Parolen brauchen keine Argumente. Sie müssen nur oft genug wiederholt werden, bis sie sich im Denken festsetzen. Die MJ-Karikatur zeigt Alice Weidel und Tino Chrupalla als politische Gedankenwürmer – gespeist von einer Propagandamethode, die Donald Trump perfektioniert hat.

Die Sommerinterviews der beiden AfD-Vorsitzenden lieferten das Anschauungsmaterial: große Zahlen ohne Zusammenhang, einfache Feindbilder statt politischer Lösungen und gefühlte Wahrheiten anstelle überprüfbarer Tatsachen. Der extreme Sommer wird zum „ganz normalen Sommer“, aus komplizierten Aufenthaltsrechten werden angeblich Hunderttausende, die man nur abschieben müsse, und der Austritt aus Euro und Schengen erscheint als harmlose Befreiung Deutschlands.

Das ist nicht bloß Gedankenlosigkeit. Es ist eine politische Methode. Eine Parole dringt schneller in den Kopf als ein Argument, weil sie nicht verstanden werden muss. Sie dockt an Angst, Ärger und Kränkung an, wiederholt sich und verdrängt allmählich die Wirklichkeit.

Die Karikatur bezeichnet deshalb nicht Menschen als Parasiten. Die Parasiten sind die Parolen.
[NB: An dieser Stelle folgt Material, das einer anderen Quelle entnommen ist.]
-- ===== src/Policy/Document.antt =====
-- core/policy/policy.go: the document, `Validate`, `Limits`, `Fresh` and `Deadline`.
use bacchus.Shared.{
  ℕ, ◌+◌, ◌-◌, List, [], ◌∷◌, Bool, true, false, not, ◌&&◌, ◌||◌, Option, none, some, String, Bytes,
  length, ltb, ◌==◌, if◌then◌else◌, str_eq, ℤ, pos, pos_part, neg_part, ltb_ℤ, eqb_ℤ, Result, ok,
  err, ◌>>◌, refuse_if,
}
use bacchus.Delegation
use bacchus.Version.{split, is_digit, parse_uint}

pub data Error : Type 0 where
  unsupported_version malformed invalid not_yet_issued stale rollback unknown_tier : Error
  delegation_failed document_failed : Delegation.Error → Error

pub record ServeFloor : Type 0 where
  pub min_measured_bps : ℕ
  pub min_declared_quota_bytes : ℕ
  pub min_serving_version : Bytes

pub record Backpressure : Type 0 where
  pub min_country_headroom_bps : ℕ
  pub min_node_headroom_bps : ℕ

pub record Vouch : Type 0 where
  pub k : ℤ
  pub budget : ℤ
  pub period : ℤ
  pub tenure : ℤ
  pub admit_cap_per_period : ℤ

pub record TierLimit : Type 0 where
  pub trust : String
  pub plan : String
  pub speed_cap_bps : ℕ
  pub priority : ℤ
  pub endpoint_quality : ℤ

pub record Policy : Type 0 where
  pub version : ℤ
  pub seq : ℕ
  pub issued : ℕ
  pub expires : ℕ
  pub grace : ℤ
  pub note : String
  pub serve_floor : ServeFloor
  pub backpressure : Backpressure
  pub vouch : Vouch
  pub tiers : List TierLimit

unfoldable pub valid_trust : String → Bool
valid_trust t = str_eq t "ephemeral" || str_eq t "stable"

-- The loop of `Limits`: the first row of the pair.
unfoldable pub find_row : String → String → List TierLimit → Result Error TierLimit
find_row trust plan [] = err unknown_tier
find_row trust plan (t ∷ ts) =
    if str_eq t.trust trust && str_eq t.plan plan then ok t else find_row trust plan ts

unfoldable pub limits : Policy → String → String → Result Error TierLimit
unfolding find_row
limits p trust plan = find_row trust plan p.tiers

-- `Expires.Add(Grace)`.
unfoldable pub deadline : Policy → ℕ
deadline p = p.expires + pos_part p.grace - neg_part p.grace

unfoldable pub fresh : Policy → ℕ → Bool
fresh p now = not (ltb now (p.issued - Delegation.clock_skew)) && ltb now p.expires

-- The loop over one component of the version: the first byte that is no digit is refused.
unfoldable pub check_digits : Bytes → Result Error (Unit {0})
check_digits [] = ok tt
check_digits (c ∷ cs) = let rest = check_digits cs in if is_digit c then rest else err invalid

leading_zero : Bytes → Bool
leading_zero (c ∷ d ∷ cs) = c == b'0'
leading_zero _ = false

is_none : Option ℕ → Bool
is_none none = true
is_none (some n) = false

unfoldable pub check_component : Bytes → Result Error (Unit {0})
unfolding leading_zero is_none check_digits
check_component p = do
  refuse_if (length p == 0) invalid
  refuse_if (leading_zero p) invalid
  check_digits p
  refuse_if (is_none (parse_uint 31 p)) invalid

unfoldable pub check_components : List Bytes → Result Error (Unit {0})
check_components [] = ok tt
check_components (p ∷ ps) = do check_component p; check_components ps

unfoldable pub check_serving_version : Bytes → Result Error (Unit {0})
unfolding check_components
check_serving_version s = do
  refuse_if (length s == 0) invalid
  refuse_if (not (length (split b'.' s) == 3)) invalid
  check_components (split b'.' s)

-- The map `seen` holds the keys of the rows before.
unfoldable pub has_row : String → String → List TierLimit → Bool
has_row trust plan [] = false
has_row trust plan (t ∷ ts) = (str_eq t.trust trust && str_eq t.plan plan) || has_row trust plan ts

unfoldable pub check_tiers : List TierLimit → List TierLimit → Result Error (Unit {0})
check_tiers seen [] = ok tt
check_tiers seen (t ∷ ts) = do
  refuse_if (not (valid_trust t.trust)) invalid
  refuse_if (ltb_ℤ t.priority (pos 0)) invalid
  refuse_if (ltb_ℤ t.endpoint_quality (pos 0)) invalid
  refuse_if (has_row t.trust t.plan seen) invalid
  check_tiers (t ∷ seen) ts

unfoldable pub check_vouch : Vouch → Result Error (Unit {0})
check_vouch v = do
  refuse_if (ltb_ℤ v.k (pos 1)) invalid
  refuse_if (ltb_ℤ v.budget (pos 0)) invalid
  refuse_if (not (ltb_ℤ (pos 0) v.period)) invalid
  refuse_if (ltb_ℤ v.tenure (pos 0)) invalid
  refuse_if (ltb_ℤ v.admit_cap_per_period (pos 0)) invalid

unfoldable pub validate : Policy → Result Error (Unit {0})
validate p = do
  refuse_if (not (eqb_ℤ p.version (pos 1))) unsupported_version
  refuse_if (p.seq == 0) invalid
  refuse_if (p.issued == 0 || p.expires == 0) invalid
  refuse_if (not (ltb p.issued p.expires)) invalid
  refuse_if (ltb_ℤ p.grace (pos 0)) invalid
  check_serving_version p.serve_floor.min_serving_version
  check_vouch p.vouch
  refuse_if (length p.tiers == 0) invalid
  check_tiers [] p.tiers
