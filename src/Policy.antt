-- ===== src/Policy.antt =====
-- core/policy/policy.go and core/policy/verify.go: the signed policy document, its structural check,
-- the limits of a tier, and the verification of a bundle. The decoders of `encoding/json` are fields
-- of `Platform`. A `time.Duration` and a Go `int` are signed; an error that wraps another keeps it.
pub mod Document
pub mod Rows
pub mod Fence
pub mod Accept
pub mod Cache
use bacchus.Shared.{
  ℕ, ◌-◌, List, [], ◌∷◌, Bool, true, false, not, ◌&&◌, Option, none, some, String, Bytes, length,
  ltb, ◌==◌, ℤ, pos, Result, ok, err, ◌>>=◌, ◌>>◌, refuse_if, or_err, map_err, if◌then◌else◌,
}
use bacchus.Delegation
use Document.{
  Error, malformed, not_yet_issued, stale, rollback, delegation_failed, document_failed, Policy,
  deadline, validate,
}

pub record Bundle : Type 0 where
  pub doc : Bytes
  pub cert : Bytes

pub record Platform : Type 0 where
  pub delegation : Delegation.Platform
  pub decode_bundle : Bytes → Option Bundle
  pub decode_policy : Bytes → Option Policy

pub record Verifier : Type 0 where
  pub root : Bytes
  pub revoked : String → Bool

unfoldable pub parse_bundle : Platform → Bytes → Result Error Bundle
parse_bundle p raw = do
  b ← or_err (p.decode_bundle raw) malformed
  refuse_if (length b.doc == 0) malformed
  refuse_if (length b.cert == 0) malformed
  ok b

-- A nil predicate is replaced by one that revokes nothing.
unfoldable pub new_verifier : Bytes → Option (String → Bool) → Result Delegation.Error Verifier
new_verifier root revoked = do
  refuse_if (not (length root == Delegation.public_key_size)) Delegation.no_root
  ok (record { root = root; revoked = Delegation.is_revoked revoked })

-- A document that is malformed as an envelope is reported as this package's own `ErrMalformed`.
abbrev pub document_error : Delegation.Error → Error
document_error Delegation.malformed = malformed
document_error e = document_failed e

unfoldable pub verify : Platform → Verifier → Bundle → ℕ → ℕ → Result Error Policy
verify p v b now min_seq = do
  cert ← map_err delegation_failed (
      Delegation.verify_delegation_cert p.delegation v.root b.cert Delegation.role_policy now
        (some v.revoked))
  body ←
      map_err document_error
        (Delegation.open_signed p.delegation cert.key Delegation.tag_policy_doc b.doc)
  d ← or_err (p.decode_policy body) malformed
  validate d
  refuse_if (ltb now (d.issued - Delegation.clock_skew)) not_yet_issued
  refuse_if (not (ltb now (deadline d))) stale
  refuse_if (ltb d.seq min_seq) rollback
  ok d
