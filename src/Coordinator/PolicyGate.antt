-- ===== src/Coordinator/PolicyGate.antt =====
-- cmd/coordinator/policy.go: the policy in force, and one cycle of fetching, verifying and installing.
-- The clock, what was fetched and what the file system does are the arguments of a cycle.
pub mod Closed
use bacchus.Shared.{
  ℕ, zero, suc, ◌*◌, List, [], ◌∷◌, Bool, true, false, not, Option, none, some, Bytes, ltb,
  if◌then◌else◌, ℤ, pos, negsuc, Result, ok, err,
}
use bacchus.Atomicfile.{Disk, Faults}
use bacchus.FloorCache
use bacchus.FloorCache.{Json}
use bacchus.Policy.{Platform, Verifier, Bundle, parse_bundle, verify}
use bacchus.Policy.Document.{Error, Policy, deadline}

-- 10 seconds and 2 minutes, in nanoseconds.
abbrev pub policy_refresh : ℕ
policy_refresh = 10_000_000_000

abbrev pub policy_backoff_max : ℕ
policy_backoff_max = 120_000_000_000

-- `held` and `ok` of `policyGate` are one option.
pub record Gate : Type 0 where
  pub configured : Bool
  pub held : Option Policy

unfoldable pub install_policy : Policy → Gate → Gate
install_policy p g = record g { held = some p }

unfoldable pub clear_policy : Gate → Gate
clear_policy g = record g { held = none }

abbrev is_held : Option Policy → Bool
is_held none = false
is_held (some p) = true

unfoldable pub policy_allows_assignment : Gate → Bool
policy_allows_assignment g = if not g.configured then true else is_held g.held

-- The gate, the floor that the loop carries, and the directory of the state file.
pub record Enforcer : Type 0 where
  pub gate : Gate
  pub min_seq : ℕ
  pub disk : Disk

-- One cycle: the clock, the bytes fetched if the fetch worked, and the file system.
pub record Cycle : Type 0 where
  pub now : ℕ
  pub fetched : Option Bytes
  pub read_fails : Bool
  pub faults : Faults

abbrev pub stale_or_none : ℕ → Option Policy → Bool
stale_or_none now none = false
stale_or_none now (some p) = not (ltb now (deadline p))

unfoldable pub age_out : ℕ → Gate → Gate
unfolding clear_policy
age_out now g = if stale_or_none now g.held then clear_policy g else g

abbrev accept_policy : Json → Enforcer → Cycle → Bytes → Policy → Enforcer
accept_policy j e c raw p =
    let min_seq = if ltb e.min_seq p.seq then p.seq else e.min_seq in
    record {
      gate = install_policy p e.gate;
      min_seq = min_seq;
      disk = (FloorCache.store {E = Error} j c.read_fails c.faults raw min_seq e.disk).1;
    }

abbrev verified : Json → Enforcer → Cycle → Bytes → Result Error Policy → Enforcer × Bool
verified j e c raw (err x) = (e, false)
verified j e c raw (ok p) = (accept_policy j e c raw p, true)

abbrev parsed :
    Platform → Json → Verifier → Enforcer → Cycle → Bytes → Result Error Bundle → Enforcer × Bool
parsed p j v e c raw (err x) = (e, false)
parsed p j v e c raw (ok b) = verified j e c raw (verify p v b c.now e.min_seq)

abbrev received : Platform → Json → Verifier → Enforcer → Cycle → Option Bytes → Enforcer × Bool
received p j v e c none = (e, false)
received p j v e c (some raw) = parsed p j v e c raw (parse_bundle p raw)

unfoldable pub refresh_policy_once : Platform → Json → Verifier → Enforcer → Cycle → Enforcer × Bool
unfolding install_policy age_out
refresh_policy_once p j v e c =
    received p j v (record e { gate = age_out c.now e.gate }) c c.fetched

-- `for i := 0; i < fails && d < policyBackoffMax; i++ { d *= 2 }`, by the rounds left.
unfoldable pub backoff_loop : ℕ → ℕ → ℕ
backoff_loop zero d = d
backoff_loop (suc left) d =
    let rest = backoff_loop left (d * 2) in if ltb d policy_backoff_max then rest else d

unfoldable pub policy_backoff_for : ℤ → ℕ
unfolding backoff_loop
policy_backoff_for (negsuc n) = policy_refresh
policy_backoff_for (pos zero) = policy_refresh
policy_backoff_for (pos (suc n)) =
    let d = backoff_loop (suc n) policy_refresh in
    if ltb policy_backoff_max d then policy_backoff_max else d

-- The loop over any number of cycles, with the count of failures in a row: the enforcer, and the
-- wait after each cycle.
unfoldable pub refresh_policy_loop :
    Platform → Json → Verifier → Enforcer → ℕ → List Cycle → Enforcer × List ℕ
refresh_policy_loop p j v e fails [] = (e, [])
refresh_policy_loop p j v e fails (c ∷ cs) =
    let (e', success) = refresh_policy_once p j v e c in
    let fails' = if success then 0 else suc fails in
    let (last, waits) = refresh_policy_loop p j v e' fails' cs in
    (last, policy_backoff_for (pos fails') ∷ waits)
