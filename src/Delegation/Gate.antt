-- ===== src/Delegation/Gate.antt =====
-- When `VerifyDelegationCert` of core/delegation hands out a certificate, and with what it refuses.
use bacchus.Shared.{
  ℕ, ◌+◌, ◌<◌, ◌≤◌, String, Bool, false, ◌≡◌, ◌↔◌, Option, some, arith, Bytes, length, pos,
  str_eq_iff, Result-cases, inl, inr, ok,
}
use bacchus.Delegation.{
  Platform, Cert, public_key_size, clock_skew, tag_delegation_cert, open_signed, parse_cert,
  is_revoked, verify_delegation_cert,
}
use bacchus.Delegation.Envelope.{IsSigned, open_signed_iff}

-- The root signed these bytes as this certificate.
pub record IsCert (p : Platform) (root signed : Bytes) (c : Cert) : Type 0 where
  pub body : Bytes
  pub signed_body : IsSigned p root tag_delegation_cert signed body
  pub decoded : p.decode_cert body ≡ some c
  pub version_one : c.version ≡ pos 1
  pub key_size : length c.key ≡ public_key_size

-- And it may act for this role at this time.
pub record IsHonoured (p : Platform) (root signed : Bytes) (expect : String) (now : ℕ)
    (revoked_list : Option (String → Bool)) (c : Cert) : Type 0 where
  pub issued : IsCert p root signed c
  pub role_matches : c.role ≡ expect
  pub not_revoked : is_revoked revoked_list c.serial ≡ false
  pub started : c.not_before ≤ now + clock_skew
  pub running : now < c.not_after

module _ (p : Platform) (root signed : Bytes) (c : Cert) where
  parse_cert-IsCert : parse_cert p root signed ≡ ok c → IsCert p root signed c
  unfolding parse_cert
  parse_cert-IsCert h = elim (Result-cases (open_signed p root tag_delegation_cert signed)) [
    | inl (body, opened) ↦ record {
      body = body;
      signed_body = (open_signed_iff p root tag_delegation_cert signed body).0 opened;
      decoded = ground arith;
      version_one = ground arith;
      key_size = ground arith;
    }
    | inr (e, refused) ↦ ground arith
  ]

  IsCert-parse_cert : IsCert p root signed c → parse_cert p root signed ≡ ok c
  unfolding parse_cert
  IsCert-parse_cert v =
      ground (arith, (open_signed_iff p root tag_delegation_cert signed v.body).1 v.signed_body)

module _ (p : Platform) (root signed : Bytes) (expect : String) (now : ℕ)
    (revoked_list : Option (String → Bool)) (c : Cert) where
  verify_delegation_cert-IsHonoured :
      verify_delegation_cert p root signed expect now revoked_list ≡ ok c
      → IsHonoured p root signed expect now revoked_list c
  unfolding verify_delegation_cert
  verify_delegation_cert-IsHonoured h = elim (Result-cases (parse_cert p root signed)) [
    | inl (c', parsed) ↦ ground (
      arith,
      parse_cert-IsCert p root signed c,
      str_eq_iff c.role expect,
      str_eq_iff c'.role expect,
    )
    | inr (e, refused) ↦ ground arith
  ]

  IsHonoured-verify_delegation_cert :
      IsHonoured p root signed expect now revoked_list c
      → verify_delegation_cert p root signed expect now revoked_list ≡ ok c
  unfolding verify_delegation_cert
  IsHonoured-verify_delegation_cert v = ground (
    arith,
    IsCert-parse_cert p root signed c v.issued,
    v.issued.signed_body.key_size,
    str_eq_iff c.role expect,
  )

  -- A delegation certificate is honoured exactly when the root signed it under the delegation tag,
  -- it is of version 1 with a 32-byte key, it names the role asked for, its serial is not revoked,
  -- and the time is at most the skew before its start and strictly before its end.
  pub verify_delegation_cert_iff :
      (verify_delegation_cert p root signed expect now revoked_list ≡ ok c)
      ↔ IsHonoured p root signed expect now revoked_list c
  verify_delegation_cert_iff =
      (verify_delegation_cert-IsHonoured, IsHonoured-verify_delegation_cert)
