-- ===== src/Policy/Accept.antt =====
-- When `Verify` of core/policy hands out a document.
use bacchus.Shared.{ℕ, ◌+◌, ◌<◌, ◌≤◌, ◌≡◌, ◌↔◌, some, Bytes, Result-cases, ok, inl, inr, arith}
use bacchus.Delegation.{
  Cert, clock_skew, tag_policy_doc, role_policy, open_signed, verify_delegation_cert,
}
use bacchus.Delegation.Envelope.{IsSigned, open_signed_iff}
use bacchus.Delegation.Gate.{IsHonoured, verify_delegation_cert_iff}
use bacchus.Policy.{Platform, Verifier, Bundle, verify}
use bacchus.Policy.Document.{Policy, validate, deadline}

-- The document `d` was signed, under the policy tag, by a key that the root delegated to the policy
-- role and that is honoured now; it is well formed, within its dates, and not below the floor.
pub record IsAccepted (p : Platform) (v : Verifier) (b : Bundle) (now min_seq : ℕ) (d : Policy)
    : Type 0 where
  pub cert : Cert
  pub delegated : IsHonoured p.delegation v.root b.cert role_policy now (some v.revoked) cert
  pub body : Bytes
  pub signed : IsSigned p.delegation cert.key tag_policy_doc b.doc body
  pub decoded : p.decode_policy body ≡ some d
  pub valid : validate d ≡ ok tt
  pub issued : d.issued ≤ now + clock_skew
  pub in_time : now < deadline d
  pub not_below : min_seq ≤ d.seq

module _ (p : Platform) (v : Verifier) (b : Bundle) (now min_seq : ℕ) (d : Policy) where
  verify-IsAccepted : verify p v b now min_seq ≡ ok d → IsAccepted p v b now min_seq d
  unfolding verify
  verify-IsAccepted h =
      elim (Result-cases
        (verify_delegation_cert p.delegation v.root b.cert role_policy now (some v.revoked))) [
          | inr (e, refused) ↦ ground arith
          | inl (cert, honoured) ↦
              elim (Result-cases (open_signed p.delegation cert.key tag_policy_doc b.doc)) [
                | inr (e, refused) ↦ ground arith
                | inl (body, opened) ↦ record {
                  cert = cert;
                  delegated =
                      (verify_delegation_cert_iff p.delegation v.root b.cert role_policy now
                          (some v.revoked) cert).0
                        honoured;
                  body = body;
                  signed =
                      (open_signed_iff p.delegation cert.key tag_policy_doc b.doc body).0 opened;
                  decoded = ground arith;
                  valid = ground arith;
                  issued = ground arith;
                  in_time = ground arith;
                  not_below = ground arith;
                }
              ]
        ]

  IsAccepted-verify : IsAccepted p v b now min_seq d → verify p v b now min_seq ≡ ok d
  unfolding verify
  IsAccepted-verify a = ground (
    arith,
    (verify_delegation_cert_iff p.delegation v.root b.cert role_policy now (some v.revoked)
          a.cert).1
        a.delegated,
    (open_signed_iff p.delegation a.cert.key tag_policy_doc b.doc a.body).1 a.signed,
  )

  -- A policy is handed out exactly when its bytes are signed under the policy tag by a key that the
  -- root delegated to the policy role and that is honoured now, it validates, it is issued at most
  -- the skew ahead of now, its expiry and grace are not over, and its sequence is at least the floor.
  pub verify_iff : (verify p v b now min_seq ≡ ok d) ↔ IsAccepted p v b now min_seq d
  verify_iff = (verify-IsAccepted, IsAccepted-verify)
Weidel und Chrupalla tragen sie in die Köpfe; Trump liefert das internationale Vorbild. Die schwarz-weiß-rote Kulisse erinnert daran, dass politische Bewegungen schon früher wussten, wie man durch Wiederholung, Feindbilder und emotionale Überwältigung den Verstand umgeht.

Wer das Denken umgehen will, braucht keine überzeugenden Argumente. Er braucht nur Parolen, die im Kopf bleiben.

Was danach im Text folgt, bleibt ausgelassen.